REQUIRED WORK:
Write out the data exactly from its first line onward, ending with the line in which "and_true false = refl" appears.

GIVEN RECORDS:

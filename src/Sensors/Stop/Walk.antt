-- ===== src/Sensors/Stop/Walk.antt =====
-- The moves of one thread alone, and when they come to the end of its loop.
use device_xiaomi_camellia.Sensors.Stop.{
  Place, falls_asleep, asleep, ended, advance, wake, Move, goes_on, is_woken, move, is_ended,
}
use device_xiaomi_camellia.Base.{
  ◌≤◌, Bool, true, false, not, ◌&&◌, List, [], ◌∷◌, ◌++◌, ◌≡◌, refl, sym, ap, ◌∙◌, arith, length,
  Bool-cases, inl, inr, if◌then◌else◌,
}

-- Whether a thread has found no work while it was to run, and does not sleep yet.
unfoldable pub is_falling : Place → Bool
is_falling falls_asleep = true
is_falling _ = false

-- Whether a thread makes no move of its own.
unfoldable pub stands : List Move → Bool
stands [] = true
stands (goes_on has_work ∷ ms) = false
stands (is_woken ∷ ms) = stands ms

unfoldable pub goes_alone : List Move → Bool
goes_alone [] = true
goes_alone (goes_on has_work ∷ ms) = goes_alone ms
goes_alone (is_woken ∷ ms) = false

-- The moves of one thread alone.
unfoldable pub walk : Bool → List Move → Place → Place
unfolding move
walk threads_run [] place = place
walk threads_run (m ∷ ms) place = walk threads_run ms (move threads_run m place)

is_falling-advance : (h : Bool) (place : Place) → is_falling (advance false h place) ≡ false
unfolding is_falling advance
is_falling-advance h place = ground arith

is_falling-wake : (place : Place) → is_falling (wake place) ≡ is_falling place
unfolding is_falling wake
is_falling-wake place = ground arith

and_false : (b : Bool) → (b && false) ≡ false
and_false true = refl
and_false false = refl

and_true : (b : Bool) → (b && true) ≡ b
and_true true = refl
and_true false = refl

-- Once the threads are to stop, a thread is about to sleep only if it was and made no move.
pub is_falling-walk :
    (ms : List Move) (place : Place)
    → is_falling (walk false ms place) ≡ (is_falling place && stands ms)
unfolding is_falling walk stands move advance wake
is_falling-walk [] place = sym (and_true (is_falling place))
is_falling-walk (goes_on h ∷ ms) place =
    let step = is_falling-advance h place in
    let rest = is_falling-walk ms (advance false h place) in
    let no = and_false (is_falling place) in cc
is_falling-walk (is_woken ∷ ms) place =
    let step = is_falling-wake place in let rest = is_falling-walk ms (wake place) in cc

walk-ended : (ms : List Move) → walk false ms ended ≡ ended
unfolding walk move advance wake
walk-ended [] = refl
walk-ended (goes_on h ∷ ms) = walk-ended ms
walk-ended (is_woken ∷ ms) = walk-ended ms

walk-asleep : (ms : List Move) → goes_alone ms ≡ true → walk false ms asleep ≡ asleep
unfolding walk move advance goes_alone
walk-asleep [] alone = refl
walk-asleep (goes_on h ∷ ms) alone = walk-asleep ms alone
walk-asleep (is_woken ∷ ms) alone = cc

-- Three moves take a thread to the end of its loop, unless it was about to sleep.
thrice :
    (a b c : Bool) (place : Place)
    → advance false c (advance false b (advance false a (wake place)))
      ≡ (if is_falling place then asleep else ended)
unfolding advance wake is_falling
thrice a b c place = ground arith

settled :
    (ms : List Move) (place : Place)
    → goes_alone ms ≡ true
    → is_ended (walk false ms (if is_falling place then asleep else ended)) ≡ not (is_falling place)
unfolding is_ended
settled ms place alone = elim (Bool-cases (is_falling place)) [
  | inl h ↦ let rest = walk-asleep ms alone in cc
  | inr h ↦ let rest = walk-ended ms in cc
]

-- From the notification on, a thread that goes on alone ends unless it was about to sleep.
pub is_ended-walk :
    (ms : List Move) (place : Place)
    → goes_alone ms ≡ true
    → 3 ≤ length ms
    → is_ended (walk false ms (wake place)) ≡ not (is_falling place)
unfolding is_falling walk goes_alone move advance wake is_ended
is_ended-walk [] place alone long = ground arith
is_ended-walk (a ∷ []) place alone long = ground arith
is_ended-walk (a ∷ b ∷ []) place alone long = ground arith
is_ended-walk (goes_on a ∷ goes_on b ∷ goes_on c ∷ ms) place alone long =
    ap (λ q. is_ended (walk false ms q)) (thrice a b c place) ∙ settled ms place alone
is_ended-walk (is_woken ∷ ms) place alone long = cc
is_ended-walk (goes_on a ∷ is_woken ∷ ms) place alone long = cc
is_ended-walk (goes_on a ∷ goes_on b ∷ is_woken ∷ ms) place alone long = cc

pub walk-append :
    (r : Bool) (xs ys : List Move) (place : Place)
    → walk r (xs ++ ys) place ≡ walk r ys (walk r xs place)
unfolding walk
walk-append r [] ys place = refl
walk-append r (m ∷ ms) ys place = walk-append r ms ys (move r m place)
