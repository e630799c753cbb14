-- ===== src/Media/ProgressTests.antt =====
-- Runs of `logMediaProgress` on a show of two seasons, and its theorems at them.
use sajni_api.Prelude.{◌≡◌, some, none, [], ◌∷◌, refl, arith}
use sajni_api.Prelude.Int.{pos, ◌+ℤ◌, ◌-ℤ◌}
use sajni_api.Media.Progress.{
  MediaEvent, EventLog, latest_event, is_of, run_of, plan_progress, place_of, season_of, meta_of,
  progress_entry, apply_action, log_media_progress, is_event, update_event,
}
use sajni_api.Media.Progress.Merge.{IsLog, log_media_progress_merged, log_media_progress_undone}

-- One event, of another kind.
abbrev added : MediaEvent
added = record {
  id = 1;
  user_id = "u";
  media_id = 5;
  kind = "added";
  meta = record {
    episodes_watched = pos 0;
    episodes_total = pos 0;
    seasons_watched = pos 0;
    place = none;
    from_episodes_watched = none;
    from_seasons_watched = none;
    from_place = none;
  };
  created_at = 0;
}

abbrev before : EventLog
before = record { rows = added ∷ []; next_id = 2 }

before-IsLog : IsLog 100 before
unfolding IsLog
before-IsLog = ((omega arith, omega arith), tt)

closed : run_of 100 (latest_event "u" 5 before.rows) ≡ none
unfolding run_of latest_event is_of
closed = refl

-- Episode 3 of season 1, then episode 2 of season 2: one entry from the start to the last.
stepped :
    log_media_progress 200 "u" 5 (pos 3) (pos 0) (pos 12) (pos 1) (pos 20) (pos 10 ∷ pos 10 ∷ []) (
      log_media_progress 100 "u" 5
        (pos 2)
        (pos 0)
        (pos 3)
        (pos 0)
        (pos 20)
        (pos 10 ∷ pos 10 ∷ [])
        before)
    ≡ record {
      rows =
          added
          ∷ record {
            id = 2;
            user_id = "u";
            media_id = 5;
            kind = "progress";
            meta = record {
              episodes_watched = pos 12;
              episodes_total = pos 20;
              seasons_watched = pos 1;
              place = some (pos 2, pos 2);
              from_episodes_watched = some (pos 2);
              from_seasons_watched = some (pos 0);
              from_place = some (pos 1, pos 2);
            };
            created_at = 200;
          }
          ∷ [];
      next_id = 3;
    }
unfolding log_media_progress run_of latest_event is_of plan_progress place_of season_of meta_of
    progress_entry apply_action is_event update_event ◌+ℤ◌ ◌-ℤ◌
stepped = refl

log_media_progress_merged_example :
    log_media_progress 200 "u" 5 (pos 3) (pos 0) (pos 12) (pos 1) (pos 20) (pos 10 ∷ pos 10 ∷ []) (
      log_media_progress 100 "u" 5
        (pos 2)
        (pos 0)
        (pos 3)
        (pos 0)
        (pos 20)
        (pos 10 ∷ pos 10 ∷ [])
        before)
    ≡ log_media_progress 200 "u" 5
        (pos 2)
        (pos 0)
        (pos 12)
        (pos 1)
        (pos 20)
        (pos 10 ∷ pos 10 ∷ [])
        before
log_media_progress_merged_example =
    log_media_progress_merged "u" 5 (pos 2) (pos 0) (pos 3) (pos 0) (pos 12) (pos 1) (pos 20)
      (pos 10 ∷ pos 10 ∷ []) 100 200 before before-IsLog (omega arith) (omega arith) closed refl
      refl

log_media_progress_undone_example :
    EventLog.rows (
      log_media_progress 200 "u" 5
        (pos 3)
        (pos 0)
        (pos 2)
        (pos 0)
        (pos 20)
        []
        (log_media_progress 100 "u" 5 (pos 2) (pos 0) (pos 3) (pos 0) (pos 20) [] before))
    ≡ before.rows
log_media_progress_undone_example =
    log_media_progress_undone "u" 5 (pos 2) (pos 0) (pos 3) (pos 0) (pos 2) (pos 0) (pos 20) [] 100
      200 before before-IsLog (omega arith) closed refl refl
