-- ===== src/Media/Resolved.antt =====
-- What the statuses of a library item can be.
use text.Mathlib.Text.{◌==◌ as str_eq}
use sajni_api.Prelude.{
  ℕ, ◌≤◌, ◌<◌, ◌≡◌, ◌≢◌, ◌↔◌, Bool, true, false, ◌||◌, some, String, refl, Bool-cases, ltb→lt,
  lt→ltb, inl, inr, ltb, sym, ap, ◌∙◌,
}
use sajni_api.Calendar.{year}
use sajni_api.Calendar.Text.{
  Text, format_date, parse_date, parse_date-format_date, text_ltb-format_date,
}
use sajni_api.TaskRepeat.Rules.{take}
use sajni_api.Media.{
  Status, pending, in_progress, waiting, complete, new_season, upcoming, dropped, scratched,
  archived, status_text, normalize_status, resolve_status, is_future, not_upcoming,
}

-- The text of a status, read again, is that status.
pub normalize_status-status_text : (s : Status) → normalize_status (status_text s) ≡ some s
unfolding normalize_status status_text
normalize_status-status_text pending = refl
normalize_status-status_text in_progress = refl
normalize_status-status_text waiting = refl
normalize_status-status_text complete = refl
normalize_status-status_text new_season = refl
normalize_status-status_text upcoming = refl
normalize_status-status_text dropped = refl
normalize_status-status_text scratched = refl
normalize_status-status_text archived = refl

true_not : true ≢ false
true_not h = cc

upcoming_not : (s : Status) → not_upcoming s ≢ upcoming
upcoming_not pending h = cc
upcoming_not in_progress h = cc
upcoming_not waiting h = cc
upcoming_not complete h = cc
upcoming_not new_season h = cc
upcoming_not upcoming h = cc
upcoming_not dropped h = cc
upcoming_not scratched h = cc
upcoming_not archived h = cc

resolved_by :
    (kind : String) (requested : Status) (text : Text) (today : ℕ)
    → take 10 text ≡ text
    → (future : Bool) → is_future (parse_date text) (format_date today) text ≡ future
    → (resolve_status kind requested text today ≡ upcoming)
      ↔ (((str_eq kind "movie" || str_eq kind "show") ≡ true) × (future ≡ true))
unfolding resolve_status
resolved_by kind requested text today short future e =
    elim (Bool-cases (str_eq kind "movie" || str_eq kind "show")) [
      | inr other ↦ (
        λ h. absurd (upcoming_not requested (rw (resolve_status, short, other) at h)),
        λ h. absurd (true_not (sym h.0 ∙ other)),
      )
      | inl releasable ↦ elim (Bool-cases future) [
        | inl later ↦
            (λ h. (releasable, later), λ h. rw (resolve_status, short, releasable, e, later) refl)
        | inr past ↦ (
          λ h.
              absurd
                (upcoming_not requested (rw (resolve_status, short, releasable, e, past) at h)),
          λ h. absurd (true_not (sym h.1 ∙ past)),
        )
      ]
    ]

dated :
    (release today : ℕ)
    → year release ≤ 9999
    → year today ≤ 9999
    → is_future (parse_date (format_date release)) (format_date today) (format_date release)
      ≡ ltb today release
dated release today small late =
    ap (λ o. is_future o (format_date today) (format_date release))
      (parse_date-format_date release small)
    ∙ text_ltb-format_date today release late small

-- For a release date `release` up to the year 9999: an item is upcoming exactly when it is a movie or
-- show that is released after today, whatever status was asked for.
pub resolve_status-upcoming :
    (kind : String) (requested : Status) (release today : ℕ)
    → year release ≤ 9999
    → year today ≤ 9999
    → (resolve_status kind requested (format_date release) today ≡ upcoming)
      ↔ (((str_eq kind "movie" || str_eq kind "show") ≡ true) × (today < release))
unfolding format_date
resolve_status-upcoming kind requested release today small late =
    let both =
      resolved_by kind requested (format_date release) today refl (ltb today release)
        (dated release today small late) in
    (
      λ h. ((both.0 h).0, ltb→lt today release (both.0 h).1),
      λ h. both.1 (h.0, lt→ltb today release h.1),
    )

EXERCISE OUTPUT:
filename src/Sensors/Stop/Walk.antt
-- ===== src/Sensors/Stop/Walk.antt =====
-- The moves of one thread alone, and when they come to the end of its loop.
use device_xiaomi_camellia.Sensors.Stop.{
  Place, falls_asleep, asleep, ended, advance, wake, Move, goes_on, is_woken, move, is_ended,
}
use device_xiaomi_camellia.Base.{
  ◌≤◌, Bool, true, false, not, ◌&&◌, List, [], ◌∷◌, ◌++◌, ◌≡◌, refl, sym, ap, ◌∙◌, arith, length,
  Bool-cases, inl, inr, if◌then◌else◌,
}

-- Whether a thread has found no work while it was to run, and does not sleep yet.
unfoldable pub is_falling : Place → Bool
is_falling falls_asleep = true
is_falling _ = false

-- Whether a thread makes no move of its own.
unfoldable pub stands : List Move → Bool
stands [] = true
stands (goes_on has_work ∷ ms) = false
stands (is_woken ∷ ms) = stands ms

unfoldable pub goes_alone : List Move → Bool
goes_alone [] = true
goes_alone (goes_on has_work ∷ ms) = goes_alone ms
goes_alone (is_woken ∷ ms) = false

-- The moves of one thread alone.
unfoldable pub walk : Bool → List Move → Place → Place
unfolding move
walk threads_run [] place = place
walk threads_run (m ∷ ms) place = walk threads_run ms (move threads_run m place)

is_falling-advance : (h : Bool) (place : Place) → is_falling (advance false h place) ≡ false
unfolding is_falling advance
is_falling-advance h place = ground arith

is_falling-wake : (place : Place) → is_falling (wake place) ≡ is_falling place
unfolding is_falling wake
is_falling-wake place = ground arith

and_false : (b : Bool) → (b && false) ≡ false
and_false true = refl
and_false false = refl

and_true : (b : Bool) → (b && true) ≡ b
and_true true = refl
and_true false = refl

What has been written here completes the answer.